## Stored items:
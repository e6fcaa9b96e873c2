-- ===== src/Echo/Program/Closing.antt =====
-- The end of the program: `Close` waits until no request is under way.
use networking_projects.Prelude.{
  ℕ, zero, suc, ◌+◌, ◌-◌, ◌≤◌, ◌<◌, ◌≡◌, ◌≢◌, ◌⊎◌, refl, sym, ap, subst, ◌∙◌, true, false, List, [],
  ◌∷◌, Option, none, some, ◌==◌, ==_iff, if◌then◌else◌, length, get_elem?, set, arith, Bool-cases,
  Option-cases, false, inl, inr, some-eq, some≢none,
}
use networking_projects.Echo.Text.{differs}
use networking_projects.Echo.Client.{
  Client, Answers, Pending, connect, write_request, read_response, completed, on_connected,
  on_written, on_response_read, on_request_complete,
}
use networking_projects.Echo.Program.Requests.{on_event-sessions}
use networking_projects.Echo.Program.{
  Program, Event, exited, goes_on, on_event, on_events, over, close,
}

-- The operations that are left of a request at most.
abbrev pub need : Option Pending → ℕ
need none = 0
need (some connect) = 3
need (some write_request) = 2
need (some read_response) = 1

-- It takes at least one operation off what is left.
completed-need :
    (r : Answers) (c : Client) (pending : Option Pending)
    → c.pending ≡ pending
    → need (completed r c pending).pending ≤ need pending - 1
unfolding completed on_connected on_written on_response_read on_request_complete
completed-need r c none e = subst (λ o. need o ≤ 0) (sym e) (omega arith)
completed-need r c (some connect) e = elim (Bool-cases (r.connect_ec == 0)) [
  | inl ok ↦ rw ok (omega arith)
  | inr bad ↦ rw bad (omega arith)
]
completed-need r c (some write_request) e = elim (Bool-cases (r.write_ec == 0)) [
  | inl ok ↦ rw ok (omega arith)
  | inr bad ↦ rw bad (omega arith)
]
completed-need r c (some read_response) e = elim (Bool-cases (r.read_ec == 0)) [
  | inl ok ↦ rw ok (omega arith)
  | inr bad ↦ rw bad (omega arith)
]

-- What stands in a list after a write: what was written, or what was there.
get_elem?-set :
    {A : Type 0} (xs : List A) (i j : ℕ) (a b : A)
    → get_elem? (set xs i a) j ≡ some b
    → ((i ≡ j) × (a ≡ b)) ⊎ ((i ≢ j) × (get_elem? xs j ≡ some b))
get_elem?-set [] i j a b e = absurd (some≢none (sym e))
get_elem?-set (x ∷ xs) zero zero a b e = inl (refl, some-eq e)
get_elem?-set (x ∷ xs) zero (suc j) a b e = inr (λ h. omega (arith, h), e)
get_elem?-set (x ∷ xs) (suc i) zero a b e = inr (λ h. omega (arith, h), e)
get_elem?-set (x ∷ xs) (suc i) (suc j) a b e = elim (get_elem?-set xs i j a b e) [
  | inl (same, it) ↦ inl (ap suc same, it)
  | inr (other, there) ↦ inr (λ h. other (omega (arith, h)), there)
]

-- How often an operation of the request at this place completes.
abbrev pub count : ℕ → List Event → ℕ
count i [] = 0
count i (e ∷ es) = (if e.place == i then 1 else 0) + count i es

module _ (message : ℕ → List ℕ) (address_ec : List ℕ → ℕ) where
  on_event-need :
      (p : Program) (e : Event) (j : ℕ) (c' : Client)
      → get_elem? (on_event message address_ec p e).sessions j ≡ some c'
      → (c : Client) × (get_elem? p.sessions j ≡ some c)
        × (need c'.pending ≤ need c.pending - (if e.place == j then 1 else 0))
  on_event-need p e j c' here = elim (on_event-sessions message address_ec p e) [
    | inl (nowhere, same) ↦
        let there = ap (λ l. get_elem? l j) (sym same) ∙ here in
        elim (Bool-cases (e.place == j)) [
          | inr other ↦ (c', there, rw other (omega arith))
          | inl at ↦
              let at' =
                subst (λ i. get_elem? p.sessions i ≡ none) ((==_iff e.place j).0 at) nowhere in
              absurd (some≢none (sym there ∙ at'))
        ]
    | inr (c, there, changed) ↦
        elim (get_elem?-set p.sessions e.place j _ c'
          (ap (λ l. get_elem? l j) (sym changed) ∙ here)) [
            | inl (at, it) ↦ (
              c,
              subst (λ i. get_elem? p.sessions i ≡ some c) at there,
              subst (λ d. need d.pending ≤ need c.pending - (if e.place == j then 1 else 0)) it
                  (rw ((==_iff e.place j).1 at) (
                    completed-need e.answers (record c { is_connected = p.is_connected }) c.pending
                      refl)),
            )
            | inr (other, stays) ↦ (c', stays, rw (differs e.place j other) (omega arith))
          ]
  ]

  on_events-need :
      (p : Program) (es : List Event) (j : ℕ) (c' : Client)
      → get_elem? (on_events message address_ec p es).sessions j ≡ some c'
      → (c : Client) × (get_elem? p.sessions j ≡ some c)
        × (need c'.pending ≤ need c.pending - count j es)
  unfolding on_events
  on_events-need p [] j c' here = (c', here, omega arith)
  on_events-need p (e ∷ es) j c' here =
      let (d, there, less) = on_events-need (on_event message address_ec p e) es j c' here in
      let (c, before, less') = on_event-need p e j d there in
      (c, before, omega (arith, less, less'))

  over-all :
      (cs : List Client)
      → ((j : ℕ) (c : Client) → get_elem? cs j ≡ some c → need c.pending ≤ 0)
      → over cs ≡ true
  over-all [] h = refl
  over-all (c ∷ cs) h = rw (idle c.pending (h 0 c refl)) (over-all cs (λ j d e. h (suc j) d e))
    where
      idle : (o : Option Pending) → need o ≤ 0 → o ≡ none
      idle none k = refl
      idle (some connect) k = absurd (omega (arith, k))
      idle (some write_request) k = absurd (omega (arith, k))
      idle (some read_response) k = absurd (omega (arith, k))

  need_le : (o : Option Pending) → need o ≤ 3
  need_le none = omega arith
  need_le (some connect) = omega arith
  need_le (some write_request) = omega arith
  need_le (some read_response) = omega arith

  on_event-has_work :
      (p : Program) (e : Event) → (on_event message address_ec p e).has_work ≡ p.has_work
  unfolding on_event
  on_event-has_work p e = elim (Option-cases (get_elem? p.sessions e.place)) [
    | inl nowhere ↦ rw (nowhere, on_event) refl
    | inr (c, here) ↦ rw (here, on_event) refl
  ]

  on_events-has_work :
      (p : Program) (es : List Event) → (on_events message address_ec p es).has_work ≡ p.has_work
  unfolding on_events
  on_events-has_work p [] = refl
  on_events-has_work p (e ∷ es) =
      on_events-has_work (on_event message address_ec p e) es ∙ on_event-has_work p e

  -- Whatever completes after the call of `Close`, `Close` has returned, and the program ended with exit
  -- code 0, exactly if no request is under way any more. When three operations at least complete for each
  -- request since the call, in any order and with any answers, the work object is gone, no request is
  -- left under way, and the program ends with exit code 0.
  pub close-exited :
      (p : Program) (any es : List Event)
      → ((j : ℕ) → j < length p.sessions → 3 ≤ count j es)
      → let q = on_events message address_ec (record p { has_work = false }) in
        (close message address_ec p any
          ≡ (if over (q any).sessions then exited 0 (q any).terminal else goes_on (q any)))
        × ((q es).has_work ≡ false)
        × (over (q es).sessions ≡ true)
        × (close message address_ec p es ≡ exited 0 (q es).terminal)
  unfolding close
  close-exited p any es enough =
      let p' = record p { has_work = false } in
      let q = on_events message address_ec p' in
      let idle = over-all (q es).sessions λ j c here.
        let (d, before, less) = on_events-need p' es j c here in
        omega (arith, less, need_le d.pending, enough j (inside p.sessions j d before)) in
      (
        elim (Bool-cases (over (q any).sessions)) [
          | inl done ↦ rw (done, on_events-has_work p' any) refl
          | inr busy ↦ rw (busy, on_events-has_work p' any) refl
        ],
        on_events-has_work p' es,
        idle,
        rw (idle, on_events-has_work p' es) refl,
      )
    where
      inside : (cs : List Client) (j : ℕ) (c : Client) → get_elem? cs j ≡ some c → j < length cs
      inside [] j c e = absurd (some≢none (sym e))
      inside (x ∷ cs) zero c e = omega arith
      inside (x ∷ cs) (suc j) c e = omega (arith, inside cs j c e)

## TRY IT:
Looking at each line of the records, count the ones where the word "other" appears, and report only the count.

## TASK RESULT:
3